I have also seen ayuntamientos advertise camps. The main difference between the Tatanka and the others is that while the Tat camp offers Spanish classes for english and french speakers, the vast majority of kids attending are spanish speakers learning english (they emailed me and told me this). I think the age group goes up to 15. I think this camp would be great for kids who speak enough spanish to make friends and can cope with a full-on immersion experience (so as to not feel too isolated due to the lack of english speaking kids there). 
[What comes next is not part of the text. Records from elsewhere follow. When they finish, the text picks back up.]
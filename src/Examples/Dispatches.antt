-- ===== src/Examples/Dispatches.antt =====
-- Concrete resources and events for the controller and the dispatch consumers of internal/runs.
use ai_lab.Prelude.{
  ◌≡◌, refl, Bool, true, false, none, some, List, [], ◌∷◌, arith, coalesce, txt, lookup,
}
use ai_lab.Events.{RunRequested, DeploymentRequested, DeploymentStopped}
use ai_lab.Runs.Resources.{Phase, AgentRun, JobStatus, Job, tenant_namespace}
use ai_lab.Runs.Reconcile.{World, Call, job_name_for, build_job, reconcile}
use ai_lab.Runs.Reconcile.Publication.{
  Move, reconciled, job_changed, moves, is_finished, AtMostOnce, moves-AtMostOnce, lost_completion,
}
use ai_lab.Runs.Quota.{QuotaSpec, LimitSpec, UpsertCall, Quotas}
use ai_lab.Runs.Dispatch.{
  Cluster, object_key, DispatchCall, Config, run_resource, handle_run, handle_requested,
  handle_stopped,
}
use ai_lab.Runs.Dispatch.Redelivery.{run_key, handle_run_once}
use ai_lab.Runs.Dispatch.Isolation.{dispatch_isolation}

abbrev run_event : RunRequested
run_event = record {
  tenant_id = txt "t1";
  agent_id = txt "a1";
  run_id = txt "r1";
  image = txt "img";
  inputs = none;
  trace_id = txt "tr";
  secret_ref = [];
  trace_context = [];
  at = 3;
}

abbrev all_well : Bool → Call
all_well publishes = record {
  get_run_ok = true;
  get_job_ok = true;
  create_ok = true;
  status_ok = true;
  publish_ok = publishes;
  has_bus = true;
  now = 9;
}

abbrev fresh_run : AgentRun
fresh_run = run_resource (txt "u1") run_event

abbrev new_world : World
new_world = record { run = some fresh_run; job = none; published = [] }

abbrev pub new_job : Job
new_job = build_job fresh_run (job_name_for fresh_run)

abbrev done_status : JobStatus
done_status = record {
  succeeded = 1;
  failed = 0;
  active = 0;
  start_time = some 4;
  completion_time = some 8;
}

abbrev pub done_job : Job
done_job = record new_job { status = done_status }

abbrev done_run : AgentRun
done_run = record fresh_run { status = record (fresh_run.status) { phase = Phase.succeeded } }

abbrev done_world : World
done_world = record { run = some done_run; job = some done_job; published = [] }

abbrev to_the_end : List Move
to_the_end = reconciled (all_well true) ∷ job_changed done_status ∷ reconciled (all_well true) ∷ []

moves-AtMostOnce_example : AtMostOnce (moves to_the_end new_world)
moves-AtMostOnce_example =
    moves-AtMostOnce to_the_end new_world (record { once = omega arith; only_final = λ h. refl })

abbrev no_get : Call
no_get = record (all_well true) { get_job_ok = false }

abbrev seen_world : World
seen_world = record { run = some fresh_run; job = some done_job; published = [] }

lost_completion_example :
    let after = (reconcile (all_well false) seen_world).0 in
    ((reconcile (all_well false) seen_world).1 ≡ none)
    × (is_finished after.run ≡ true)
    × ((moves to_the_end after).published ≡ [])
lost_completion_example =
    lost_completion (all_well false) seen_world fresh_run done_job to_the_end refl refl refl
      (omega arith) refl refl refl refl

abbrev served : UpsertCall
served = record { create_ok = true; get_ok = true; update_ok = true }

abbrev quota_1 : QuotaSpec
quota_1 = record { cpu = txt "4"; memory = txt "8Gi"; pods = [] }

abbrev limit_1 : LimitSpec
limit_1 = record { default_cpu = []; default_memory = []; max_cpu = txt "2"; max_memory = [] }

abbrev no_quotas : Quotas
no_quotas = record { hard = []; limits = [] }

abbrev pub config_1 : Config
config_1 = record { quota = quota_1; limit = limit_1 }

abbrev pub dispatch_1 : DispatchCall
dispatch_1 = record {
  namespace_ok = true;
  quota = served;
  limit = served;
  create_ok = true;
  get_ok = true;
  is_cached = true;
  update_ok = true;
  delete_ok = true;
  uid = txt "u1";
}

abbrev pub no_cluster : Cluster
no_cluster = record { namespaces = []; quotas = no_quotas; runs = []; deployments = [] }

abbrev pub deployment_event : DeploymentRequested
deployment_event = record {
  tenant_id = txt "t1";
  agent_id = txt "a1";
  agent_name = txt "bot";
  image = txt "img";
  port = 8080;
  health_path = txt "/healthz";
  secret_ref = [];
  trace_context = [];
  at = 4;
}

abbrev stop_event : DeploymentStopped
stop_event = record { tenant_id = txt "t1"; agent_id = txt "a1"; agent_name = txt "bot"; at = 5 }

handle_run_once_example :
    let once = (handle_run config_1 dispatch_1 (some run_event) no_cluster).0 in
    (lookup (run_key run_event) once.runs
      ≡ some (coalesce (lookup (run_key run_event) []) (run_resource (txt "u1") run_event)))
    × ((handle_run config_1 dispatch_1 (some run_event) once).0.runs ≡ once.runs)
unfolding handle_run
handle_run_once_example = handle_run_once config_1 dispatch_1 dispatch_1 run_event no_cluster refl

dispatch_isolation_example :
    let k = object_key (tenant_namespace (txt "t2")) (txt "bot") in
    (lookup k (handle_run config_1 dispatch_1 (some run_event) no_cluster).0.runs ≡ lookup k [])
    × (lookup k
          (handle_requested config_1 dispatch_1 (some deployment_event) no_cluster).0.deployments
        ≡ lookup k [])
    × (lookup k (handle_stopped dispatch_1 (some stop_event) no_cluster).0.deployments
        ≡ lookup k [])
dispatch_isolation_example =
    dispatch_isolation config_1 dispatch_1 run_event deployment_event stop_event (txt "t2")
      (txt "bot") no_cluster (omega arith) (omega arith) (λ e. ground (arith, e)) refl refl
The other ones I mentioned have a variety of camps with various age groups and % of spanish / english speakers. Some of their camps are for 100% non spanish speakers, the rest are 60% spanish / 40% non-spanish (this one is definitely my preference). This camp seems to suit my daughter better as they have older children attending, plus I like the mix of nationalities. The T camp above seemed to have more younger kids, plus the problem that she would be one of the few english speakers in the group (which sounds good in theory but I also want her to have fun and be able to communicate with someone!).

Anyway, if you google them you can check them out. The T camp definitely sounded a more authentic 98% spanish experience for the kids. It was also about 400 euros cheaper than the others (for a two week camp). Both camps can run for 1, 2, 3 or 4 weeks. The other two sounded much more international. They have videos on their web sites as well. All looked lots of fun and I imagine an unforgettable experience (hopefully positive!) for the kids.

I hope this helps you - I think it depends what you are looking for, what interests the kids and whether they can cope with being thrown in the deeeeeep end.

Jockm


----------



## Cazzy (Nov 23, 2008)

baldilocks said:


> Looking on behalf of a friend who lives in UK who wishes to send her two boys aged 12 and 13 and already speak a lot of Spanish to a camp in Spain where they are going to be totally exposed to Spanish as a language and a wider choice of foods (they have been spoiled by their father who no longer lives with them and will only eat what they want, unless...)
> 
> Any ideas?


Some Spanish friends of ours run a language school in Ecija. The course consists of staying with a host Spanish family with full board, 20 hours of Spanish tuition per week and a full programme of cultural stuff. It is a full Spanish immersion course. Let me know if you want further details.

Caz


----------